## WORK INSTRUCTIONS
Both the line with "execute) (_, refl)" and the line with "c ≢ err Error.out_of_fuel)" in the records below must appear in the output, along with every line between them, exactly and with nothing added.

Collected data

-- ===== src/Pass/Ends.antt =====
-- The command ends: the loop of the search does, and the loop over the successors.
use tamara.Cone.Search.{LogicCone, search}
use tamara.Cone.Search.Ends.{search-ends}
use tamara.Cone.Successors.Explored.{unexplored, keys, successors_of-unexplored}
use tamara.Cone.Successors.{build_successors, Globals}
use tamara.Cone.Search.Fuel.{unvisited}
use tamara.Cone.Replicate.{replicate}
use tamara.Cone.Wiring.{wire_cone}
use tamara.Voter.{new_builder}
use tamara.Common.{
  List, Option, ℕ, Result, length, IfOk, ◌+◌, ◌≡◌, some, ◌≤◌, Result-cases, arith, ◌∷◌, inr, suc,
  fails, inl, IfOk-seq, none, ◌++◌, IfOk-any, IfOk-at, refl, length-append, [], succeeds, zero, ◌≢◌,
  err, Error,
}
use tamara.Util.Connections.{Connections, Ptr, analyse_all}
use tamara.Pass.{
  Session, execute, process_cone, process_successors, build_successors, run_module,
  locate_error_sink, replicate, wire_cone, mark_memories_ignored, sink_after, analyse_all,
  new_builder, process_outputs, get_output_ports, enough_rounds,
}
use tamara.Rtlil.Platform.{Platform}

module _ (p : Platform) where
  open p use {kernel, wire_map}
  open kernel use {Module}

  module _ (connections : Connections p) where
    abbrev left : Session p → ℕ
    left s = unexplored p connections.wires s.globals

    process_cone-left :
        (c : LogicCone p) (s : Session p)
        → IfOk (λ cones s'. length cones + left s' ≤ left s) (process_cone p connections c s)
    unfolding process_cone build_successors
    process_cone-left c s = elim (Result-cases (search p connections.wires c)) [
      | inr (e, failed) ↦ rw (failed, process_cone) fails
      | inl (c', found) ↦
          rw (found, process_cone)
            (IfOk-seq (IfOk-any (replicate p c' (λ _. []) s.netlist)) (λ replicas m _.
              IfOk-seq (IfOk-any (wire_cone p c' replicas connections s.builder m)) (λ builder m' _.
                IfOk-seq (successors_of-unexplored p connections.wires c'.input_nodes s.globals)
                  (λ cones globals h. succeeds h))))
    ]

    abbrev Ended : Option (Result (Unit {0} × Session p)) → Type 0
    Ended o = (r : Result (Unit {0} × Session p)) × (o ≡ some r)

    process_successors-Ended :
        (rounds : ℕ) (queue : List (LogicCone p)) (s : Session p)
        → length queue + left s ≤ rounds
        → Ended (process_successors p connections rounds queue s)
    unfolding process_successors
    process_successors-Ended rounds [] s h = (_, refl)
    process_successors-Ended zero (c ∷ queue) s h = absurd (omega arith)
    process_successors-Ended (suc rounds) (c ∷ queue) s h =
        elim (Result-cases (process_cone p connections c s)) [
          | inr (e, failed) ↦ rw (failed, process_successors) (_, refl)
          | inl ((cones, s'), done) ↦
              rw (done, process_successors)
                (process_successors-Ended rounds (queue ++ cones) s' (
                  omega
                    (arith, h, IfOk-at (process_cone-left c s) done, length-append queue cones)))
        ]

  keys-length :
      (es : List (Ptr p × p.ptr_set.Set)) (visited : p.name_set.Set)
      → unvisited p (keys p es) visited ≤ length es
  keys-length [] visited = omega arith
  keys-length ((a, s) ∷ es) visited = ground (arith, keys-length es visited)

  sink_after-Ended :
      (sink : Option kernel.Wire) (o : Option (Result (Unit {0} × Session p)))
      → (r : Result (Unit {0} × Session p)) × (o ≡ some r)
      → (r : Result (Unit {0} × Session p)) × (sink_after p sink o ≡ some r)
  sink_after-Ended sink o (r, e) = rw e (_, refl)

  run_module-Ended :
      (top : Module) (sink : Option kernel.Wire) (globals : Globals p)
      → (r : Result (Unit {0} × Session p)) × (run_module p top sink globals ≡ some r)
  unfolding run_module
  run_module-Ended top sink globals =
      let m = mark_memories_ignored p top in
      let connections = analyse_all p m in
      let s : Session p = record { netlist = m; builder = new_builder kernel; globals = globals } in
      elim (Result-cases (process_outputs p connections (get_output_ports p m) [] s)) [
        | inr (e, failed) ↦ rw (failed, run_module) (_, refl)
        | inl ((queue, s'), done) ↦
            rw (done, run_module)
              (sink_after-Ended sink _ (
                process_successors-Ended connections (enough_rounds p connections queue) queue s' (
                  omega
                    (arith, keys-length (wire_map.entries connections.wires) s'.globals.explored))))
      ]

  command-Ended :
      (top : Option Module) (globals : Globals p)
      → (r : Result (Unit {0} × Session p)) × (execute p top globals ≡ some r)
  unfolding execute
  command-Ended none globals = (_, refl)
  command-Ended (some top) globals = elim (Result-cases (locate_error_sink p top)) [
    | inr (e, failed) ↦ rw (failed, execute) (_, refl)
    | inl (sink, found) ↦ rw (found, execute) (run_module-Ended top sink globals)
  ]

  -- Both loops of the command that count their rounds end before these run out. On whatever map and
  -- whatever cone, the search needs no more rounds than the map has neighbours, and one. Whatever the
  -- design, the loop over the successors needs no more rounds than its queue has cones and the map has
  -- entries.
  pub execute-Ended :
      (connections : wire_map.Map) (c : LogicCone p) (top : Option Module) (globals : Globals p)
      → (search p connections c ≢ err Error.out_of_fuel)
        × ((r : Result (Unit {0} × Session p)) × (execute p top globals ≡ some r))
  execute-Ended connections c top globals = (search-ends p connections c, command-Ended top globals)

## SOLUTION TO THE EXERCISE
    | inr (e, failed) ↦ rw (failed, execute) (_, refl)
    | inl (sink, found) ↦ rw (found, execute) (run_module-Ended top sink globals)
  ]

  -- Both loops of the command that count their rounds end before these run out. On whatever map and
  -- whatever cone, the search needs no more rounds than the map has neighbours, and one. Whatever the
  -- design, the loop over the successors needs no more rounds than its queue has cones and the map has
  -- entries.
  pub execute-Ended :
      (connections : wire_map.Map) (c : LogicCone p) (top : Option Module) (globals : Globals p)
      → (search p connections c ≢ err Error.out_of_fuel)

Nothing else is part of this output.